_Exercise brief:_ Among the entries that follow, find every line with the word "blocks" and list it.

_Dataset records:_
-- ===== src/Carv2/Header/Matching.antt =====
-- What `Matches` decides.
use ipfs_content.Prelude.{
  ℕ, ◌≡◌, ◌≢◌, ◌⊎◌, ◌↔◌, refl, sym, ◌∙◌, inl, inr, true, false, List, [], ◌∷◌, if◌then◌else◌,
  nat_beq, nat_beq_iff, length, arith, Bool-cases, &&-eq-true, Comparable, ◌==◌, All,
}
use ipfs_content.Carv2.Header.{CarHeader, contains_root, contains_all, single_matches, matches}

module _ {C : Type 0} ⦃e : Comparable C⦄ where
  -- The CID is one of the roots.
  abbrev pub IsRoot : List C → C → Type 0
  IsRoot [] c = ⊥
  IsRoot (r ∷ rs) c = (r ≡ c) ⊎ IsRoot rs c

  contains_root_iff : (rs : List C) (c : C) → (contains_root rs c ≡ true) ↔ IsRoot rs c
  unfolding contains_root
  contains_root_iff [] c = ((λ h. cc), λ h. absurd h)
  contains_root_iff (r ∷ rs) c =
      let (there, back) = contains_root_iff rs c in
      elim (Bool-cases (r == c)) [
        | inl hit ↦ ((λ h. inl ((e.equal_iff r c).0 hit)), λ h. rw hit)
        | inr miss ↦ (
          (λ h. inr (there (rw miss at h))),
          λ h.
              rw miss
                (elim h [ inl same ↦ cc (miss, (e.equal_iff r c).1 same) | inr rest ↦ back rest ]),
        )
      ]

  contains_all_iff : (other rs : List C) → (contains_all other rs ≡ true) ↔ All (IsRoot other) rs
  unfolding contains_all
  contains_all_iff other [] = ((λ h. tt), λ h. refl)
  contains_all_iff other (r ∷ rs) =
      let (there, back) = contains_root_iff other r in
      let (on, off) = contains_all_iff other rs in
      (
        (λ h.
            let both = &&-eq-true (contains_root other r) (contains_all other rs) h in
            (there both.0, on both.1)),
        λ h. rw (back h.0) (off h.1),
      )

  single_matches_lem :
      (r : C) (os : List C) → length os ≡ 1 → single_matches (r ∷ []) os ≡ contains_all os (r ∷ [])
  unfolding single_matches contains_all contains_root
  single_matches_lem r [] h = absurd (omega (arith, h))
  single_matches_lem r (o ∷ []) h = ground (arith, e.equal_iff r o, e.equal_iff o r)
  single_matches_lem r (o ∷ x ∷ os) h = absurd (omega (arith, h))

  fast_path :
      (rs os : List C)
      → length rs ≡ length os
      → (if nat_beq (length rs) 1 then single_matches rs os else contains_all os rs)
        ≡ contains_all os rs
  fast_path [] os h = refl
  fast_path (r ∷ []) os h = single_matches_lem r os (sym h)
  fast_path (r ∷ x ∷ rs) os h = ground arith

  matches-contains_all :
      (h other : CarHeader C)
      → h.version ≡ other.version
      → length h.roots ≡ length other.roots
      → matches h other ≡ contains_all other.roots h.roots
  unfolding matches
  matches-contains_all h other same_version same_count =
      rw
        (
          (nat_beq_iff h.version other.version).1 same_version,
          (nat_beq_iff (length h.roots) (length other.roots)).1 same_count,
        )
        (fast_path h.roots other.roots same_count)

  matches_counts :
      (h other : CarHeader C)
      → matches h other ≡ true
      → (h.version ≡ other.version) × (length h.roots ≡ length other.roots)
  unfolding matches
  matches_counts h other m = ground arith

  -- Two headers match exactly when their versions are equal, they have as many roots, and every
  -- root of the first is a root of the second; the fast path for one root decides the same.
  pub matches_iff :
      (h other : CarHeader C)
      → (matches h other ≡ true) ↔ (
          (h.version ≡ other.version)
          × (length h.roots ≡ length other.roots)
          × All (IsRoot other.roots) h.roots)
  matches_iff h other =
      let (on, off) = contains_all_iff other.roots h.roots in
      (
        (λ m.
            let (same_version, same_count) = matches_counts h other m in
            (
              same_version,
              same_count,
              on (sym (matches-contains_all h other same_version same_count) ∙ m),
            )),
        λ (same_version, same_count, all).
            matches-contains_all h other same_version same_count ∙ off all,
      )

  -- Headers do not match the same way round if a root stands twice: with two roots `a` and `b`,
  -- the header of `a` twice matches the header of `a` and `b`, but not the other way round.
  pub matches_not_symmetric :
      (a b : C) (n : ℕ)
      → a ≢ b
      → (matches
            (record { roots = a ∷ a ∷ []; version = n })
            (record { roots = a ∷ b ∷ []; version = n })
          ≡ true)
        × (matches
              (record { roots = a ∷ b ∷ []; version = n })
              (record { roots = a ∷ a ∷ []; version = n })
            ≡ false)
  unfolding matches contains_all contains_root
  matches_not_symmetric a b n ne = ground (arith, e.equal_iff a a, e.equal_iff a b, e.equal_iff b a)
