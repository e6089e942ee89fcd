-- ===== src/Carv2/Tests.antt =====
-- The theorems about CARv1 streams at concrete libraries and streams, and runs.
use ipfs_content.Prelude.{
  ℕ, ◌≡◌, ◌↔◌, refl, true, false, Option, none, some, List, [], ◌∷◌, ◌++◌, arith, All, Result, ok,
  err, ap, ◌∙◌, ◌≢◌, ◌>>=◌, nat_eq,
}
use ipfs_content.Carv2.{Bytes, CarError, out_of_fuel}
use ipfs_content.Carv2.Samples.{buffer, entries, sums, sums_law}
use ipfs_content.Carv2.Section.{read_node, write_block}
use ipfs_content.Carv2.Framing.{read_node-write_block}
use ipfs_content.Carv2.Header.{CarHeader, HeaderCodec, matches}
use ipfs_content.Carv2.Header.Matching.{IsRoot, matches_iff, matches_not_symmetric}
use ipfs_content.Carv2.Load.{Store, load_car_slow, load_car_fast, load_car}
use ipfs_content.Carv2.Loading.{put_each, load_car_fast-load_car_slow}
use ipfs_content.Carv2.Stream.{stream, load_car_slow-cut, load_car-stream}
use ipfs_content.Carv2.Ends.{ReadsEnd, load_car_ends}

abbrev to_header : Bytes → Option (CarHeader ℕ)
to_header [] = none
to_header (n ∷ rs) = some (record { roots = rs; version = n })

to_header_lem :
    (h : CarHeader ℕ) (d : Bytes)
    → ◌≡◌ {A = Option Bytes} (some (h.version ∷ h.roots)) (some d)
    → to_header d ≡ some h
to_header_lem h [] p = cc
to_header_lem h (n ∷ rs) p = ground arith

abbrev plain_headers : HeaderCodec ℕ
plain_headers = record {
  encode = λ h. some (h.version ∷ h.roots);
  decode = to_header;
  decode-encode = to_header_lem;
}

abbrev blocks : List (ℕ × Bytes)
blocks = (3, 1 ∷ 2 ∷ []) ∷ (9, 9 ∷ []) ∷ []

-- A store that keeps the blocks, the last one first.
abbrev keep : List (ℕ × Bytes) → ℕ × Bytes → Result CarError (List (ℕ × Bytes))
keep st b = ok (b ∷ st)

writes : write_block entries sums buffer [] 3 (1 ∷ 2 ∷ []) ≡ ok (3 ∷ 3 ∷ 1 ∷ 2 ∷ [])
unfolding write_block
writes = refl

read_node-write_block_example :
    (s : Bytes) × (3 ∷ 3 ∷ 1 ∷ 2 ∷ [] ≡ s)
    × ((rest : Bytes) → read_node entries sums false 100 (s ++ rest) ≡ ok ((3, 1 ∷ 2 ∷ []), rest))
read_node-write_block_example =
    read_node-write_block entries sums buffer [] (3 ∷ 3 ∷ 1 ∷ 2 ∷ []) false 100 3 (1 ∷ 2 ∷ [])
      writes (omega arith) (omega arith) (omega arith)

abbrev two_roots : CarHeader ℕ
two_roots = record { roots = 3 ∷ 9 ∷ []; version = 1 }

abbrev roots_swapped : CarHeader ℕ
roots_swapped = record { roots = 9 ∷ 3 ∷ []; version = 1 }

matches_iff_example :
    (matches two_roots roots_swapped ≡ true)
    ↔ (◌≡◌ {A = ℕ} 1 1 × ◌≡◌ {A = ℕ} 2 2 × All (IsRoot {C = ℕ} (9 ∷ 3 ∷ [])) (3 ∷ 9 ∷ []))
matches_iff_example = matches_iff two_roots roots_swapped

matches_not_symmetric_example :
    (matches {C = ℕ}
        (record { roots = 3 ∷ 3 ∷ []; version = 1 })
        (record { roots = 3 ∷ 9 ∷ []; version = 1 })
      ≡ true)
    × (matches {C = ℕ}
          (record { roots = 3 ∷ 9 ∷ []; version = 1 })
          (record { roots = 3 ∷ 3 ∷ []; version = 1 })
        ≡ false)
matches_not_symmetric_example = matches_not_symmetric 3 9 1 (omega arith)

load_car_fast-load_car_slow_example :
    (load_car_fast entries sums false 100 (put_each keep) 3 [] (stream entries sums blocks []) []
      ≡ ok ((9, 9 ∷ []) ∷ (3, 1 ∷ 2 ∷ []) ∷ []))
    ↔ ((put_each keep [] [] >>= λ z.
          load_car_slow entries sums false 100 keep 3 (stream entries sums blocks []) z)
        ≡ ok ((9, 9 ∷ []) ∷ (3, 1 ∷ 2 ∷ []) ∷ []))
load_car_fast-load_car_slow_example =
    load_car_fast-load_car_slow entries sums false 100 keep (put_each keep) (λ st bs. refl) 3 []
      (stream entries sums blocks []) [] ((9, 9 ∷ []) ∷ (3, 1 ∷ 2 ∷ []) ∷ [])

-- A block of 50 bytes is announced and missing.
load_car_slow-cut_example :
    load_car_slow entries sums false 100 keep 3 (stream entries sums blocks (50 ∷ [])) []
    ≡ ok ((9, 9 ∷ []) ∷ (3, 1 ∷ 2 ∷ []) ∷ [])
load_car_slow-cut_example =
    load_car_slow-cut entries sums false 100 keep 3 50 blocks []
      (
        (omega arith, omega arith, omega arith, refl),
        ((omega arith, omega arith, omega arith, refl), tt),
      )
      (omega arith) (omega arith) (omega arith) (omega arith)

-- A store that has PutMany too.
abbrev keep_all : List (ℕ × Bytes) → List (ℕ × Bytes) → Result CarError (List (ℕ × Bytes))
keep_all st bs = ok (bs ++ st)

abbrev batch_store : Store ℕ (List (ℕ × Bytes))
batch_store = record { put = keep; put_many = some keep_all }

keep_all_ends :
    (put_many : List (ℕ × Bytes) → List (ℕ × Bytes) → Result CarError (List (ℕ × Bytes)))
    → batch_store.put_many ≡ some put_many
    → (st bs : List (ℕ × Bytes)) → put_many st bs ≢ err out_of_fuel
keep_all_ends put_many h st bs p =
    let same : keep_all ≡ put_many = cc h in
    let kept : ok (bs ++ st) ≡ err out_of_fuel =
      ap (λ (f : List (ℕ × Bytes) → List (ℕ × Bytes) → Result CarError (List (ℕ × Bytes))). f st bs)
        same
      ∙ p in
    cc kept

entries_end : ReadsEnd entries
entries_end [] p = cc p
entries_end (n ∷ s) p = cc p

-- The stream ends in the middle of a section.
load_car_ends_example :
    load_car entries plain_headers sums batch_store (3 ∷ 1 ∷ 3 ∷ 9 ∷ 3 ∷ 3 ∷ 1 ∷ 2 ∷ 8 ∷ 1 ∷ []) []
    ≢ err out_of_fuel
load_car_ends_example =
    load_car_ends entries plain_headers sums batch_store
      (3 ∷ 1 ∷ 3 ∷ 9 ∷ 3 ∷ 3 ∷ 1 ∷ 2 ∷ 8 ∷ 1 ∷ []) [] entries_end (λ st b p. cc p) keep_all_ends

load_car-stream_example :
    load_car entries plain_headers sums
      (record { put = keep; put_many = none })
      (3 ∷ 1 ∷ 3 ∷ 9 ∷ stream entries sums blocks [])
      []
    ≡ ok (two_roots, (9, 9 ∷ []) ∷ (3, 1 ∷ 2 ∷ []) ∷ [])
load_car-stream_example =
    load_car-stream entries plain_headers sums keep two_roots 3 (9 ∷ []) (1 ∷ 3 ∷ 9 ∷ []) blocks []
      refl refl refl (omega arith) (omega arith)
      (
        (omega arith, omega arith, omega arith, refl),
        ((omega arith, omega arith, omega arith, refl), tt),
      )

_Exercise answer:_
abbrev blocks : List (ℕ × Bytes)
blocks = (3, 1 ∷ 2 ∷ []) ∷ (9, 9 ∷ []) ∷ []
-- A store that keeps the blocks, the last one first.
    (load_car_fast entries sums false 100 (put_each keep) 3 [] (stream entries sums blocks []) []
          load_car_slow entries sums false 100 keep 3 (stream entries sums blocks []) z)
      (stream entries sums blocks []) [] ((9, 9 ∷ []) ∷ (3, 1 ∷ 2 ∷ []) ∷ [])
    load_car_slow entries sums false 100 keep 3 (stream entries sums blocks (50 ∷ [])) []
    load_car_slow-cut entries sums false 100 keep 3 50 blocks []
      (3 ∷ 1 ∷ 3 ∷ 9 ∷ stream entries sums blocks [])
    load_car-stream entries plain_headers sums keep two_roots 3 (9 ∷ []) (1 ∷ 3 ∷ 9 ∷ []) blocks []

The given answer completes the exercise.